Question

use reference angles to find the exact value of the following expression. sin(5π/4) select the correct choice below and, if necessary, fill in the answer box to complete your choice. a. sin(5π/4) = (simplify your answer. type an exact answer, using radicals as needed. use integers or fractions for any numbers in the b. the answer is undefined.

Explanation:

Step1: Determine the quadrant

The angle $\frac{5\pi}{4}$ is in the third - quadrant since $\pi<\frac{5\pi}{4}<\frac{3\pi}{2}$.

Step2: Find the reference angle

The reference angle $\theta_{r}$ for an angle $\theta=\frac{5\pi}{4}$ in the third - quadrant is $\theta_{r}=\frac{5\pi}{4}-\pi=\frac{\pi}{4}$.

Step3: Determine the sign of sine in the third - quadrant

In the third - quadrant, the sine function is negative.

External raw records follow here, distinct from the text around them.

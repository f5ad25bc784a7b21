-- ===== src/ProjectPage/Polling.antt =====
-- When the project page polls.
use tbd_dev.Prelude.{
  ℕ, Bool, true, false, List, [], ◌∷◌, ◌≡◌, arith, ◌&&◌, Bool-cases, ap, ◌∙◌, inl, inr, eqb,
  eqb_refl,
}
use tbd_dev.Client.{Reply, ok, api_error, failed}
use tbd_dev.ProjectPage.{
  Snapshot, Page, first_page, PollingStatus, idle, polling, should_poll, polling_effect,
  start_fetch, tick, show, finish_fetch,
}

-- What can happen to the page: a call of `fetchAll` by a handler, a tick, an answer.
pub data Event : Type 0 where
  started ticked : Event
  finished : ℕ → Reply Snapshot → Event

unfoldable pub step : Event → Page → Page
step started p = start_fetch p
step ticked p = tick p
step (finished k reply) p = finish_fetch k reply p

unfoldable pub run : List Event → Page → Page
run [] p = p
run (e ∷ es) p = run es (step e p)

-- The interval runs only while the last run of the effect left a cleanup for it, and only in the
-- status `polling`.
pub record IsWellKept (p : Page) : Type 0 where
  pub owned : p.interval ≡ true → p.has_cleanup ≡ true
  pub status : p.interval ≡ true → p.last_status ≡ polling

polling_effect-IsWellKept : (p : Page) → IsWellKept p → IsWellKept (polling_effect p)
unfolding polling_effect
polling_effect-IsWellKept p w = ground arith

step-IsWellKept : (e : Event) (p : Page) → IsWellKept p → IsWellKept (step e p)
unfolding step start_fetch tick finish_fetch
step-IsWellKept started p w = ground arith
step-IsWellKept ticked p w = ground arith
step-IsWellKept (finished k (ok s)) p w = elim (Bool-cases (eqb k p.fetches)) [
  | inl newest ↦ rw newest (polling_effect-IsWellKept (show s p) (ground arith))
  | inr stale ↦ rw stale (ground arith)
]
step-IsWellKept (finished k _) p w = ground arith

run-IsWellKept : (es : List Event) (p : Page) → IsWellKept p → IsWellKept (run es p)
unfolding run
run-IsWellKept [] p w = w
run-IsWellKept (e ∷ es) p w = run-IsWellKept es (step e p) (step-IsWellKept e p w)

-- The page as the newest answer leaves it.
abbrev pub refresh : Snapshot → Page → Page
refresh s p = finish_fetch p.fetches (ok s) p

abbrev is_idle : PollingStatus → Bool
is_idle idle = true
is_idle polling = false

interval-effect :
    (p : Page)
    → IsWellKept p
    → (polling_effect p).interval ≡ (should_poll p.builds p.deploys && is_idle p.last_status)
unfolding polling_effect
interval-effect p w = ground arith

finish_newest : (s : Snapshot) (p : Page) → refresh s p ≡ polling_effect (show s p)
unfolding finish_fetch
finish_newest s p = rw (eqb_refl p.fetches)

interval-finish :
    (s : Snapshot) (p : Page)
    → IsWellKept p
    → (refresh s p).interval ≡ (should_poll s.builds s.deploys && is_idle p.last_status)
interval-finish s p w =
    ap (λ (q : Page). q.interval) (finish_newest s p) ∙ interval-effect (show s p) (ground arith)

-- After any history, once the newest answer is in, the interval runs exactly if the answer shows work
-- under way and the page was idle before: it is not set anew while the page is polling already.
pub interval-refresh :
    (es : List Event) (s : Snapshot)
    → (refresh s (run es first_page)).interval
      ≡ (should_poll s.builds s.deploys && is_idle (run es first_page).last_status)
interval-refresh es s =
    interval-finish s (run es first_page) (run-IsWellKept es first_page (ground arith))

-- Every answer that the events bring shows work under way.
abbrev pub AllBusy : List Event → Type 0
AllBusy [] = Unit
AllBusy (finished k (ok s) ∷ es) = (should_poll s.builds s.deploys ≡ true) × AllBusy es
AllBusy (e ∷ es) = AllBusy es

record IsOff (p : Page) : Type 0 where
  off : p.interval ≡ false
  status : p.last_status ≡ polling

busy_effect-IsOff :
    (p : Page)
    → should_poll p.builds p.deploys ≡ true
    → p.last_status ≡ polling
    → IsWellKept p
    → IsOff (polling_effect p)
unfolding polling_effect
busy_effect-IsOff p busy h w = ground arith

finish-IsOff :
    (k : ℕ) (s : Snapshot) (p : Page)
    → should_poll s.builds s.deploys ≡ true
    → IsOff p
    → IsOff (finish_fetch k (ok s) p)
unfolding finish_fetch
finish-IsOff k s p busy o = elim (Bool-cases (eqb k p.fetches)) [
  | inl newest ↦ rw newest (busy_effect-IsOff (show s p) busy o.status (ground arith))
  | inr stale ↦ rw stale (ground arith)
]

run-IsOff : (es : List Event) (p : Page) → AllBusy es → IsOff p → IsOff (run es p)
unfolding run step start_fetch tick
run-IsOff [] p b o = o
run-IsOff (started ∷ es) p b o = run-IsOff es _ b (ground arith)
run-IsOff (ticked ∷ es) p b o = run-IsOff es _ b (ground arith)
run-IsOff (finished k (ok s) ∷ es) p (busy, b) o = run-IsOff es _ b (finish-IsOff k s p busy o)
run-IsOff (finished k (api_error n d) ∷ es) p b o =
    run-IsOff es _ b (unfold finish_fetch in ground arith)
run-IsOff (finished k failed ∷ es) p b o = run-IsOff es _ b (unfold finish_fetch in ground arith)

-- Polling asks once only: after any history that left the page polling, from the next answer that
-- shows work under way on, no interval runs as long as every answer shows work under way.
pub polling_stops :
    (history : List Event) (s : Snapshot) (es : List Event)
    → (run history first_page).last_status ≡ polling
    → should_poll s.builds s.deploys ≡ true
    → AllBusy es
    → (run es (refresh s (run history first_page))).interval ≡ false
polling_stops history s es h busy b = (run-IsOff es _ b first_off).off
  where
    first_off : IsOff (refresh s (run history first_page))
    first_off = rw (finish_newest s (run history first_page)) (
        busy_effect-IsOff (show s (run history first_page)) busy h
          (let w = run-IsWellKept history first_page (ground arith) in ground arith))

Step4: Evaluate the sine of the reference angle

We know that $\sin\frac{\pi}{4}=\frac{\sqrt{2}}{2}$. Since $\sin\theta$ is negative in the third - quadrant for $\theta = \frac{5\pi}{4}$, then $\sin\frac{5\pi}{4}=-\frac{\sqrt{2}}{2}$.

Answer:

A. $\sin\frac{5\pi}{4}=-\frac{\sqrt{2}}{2}$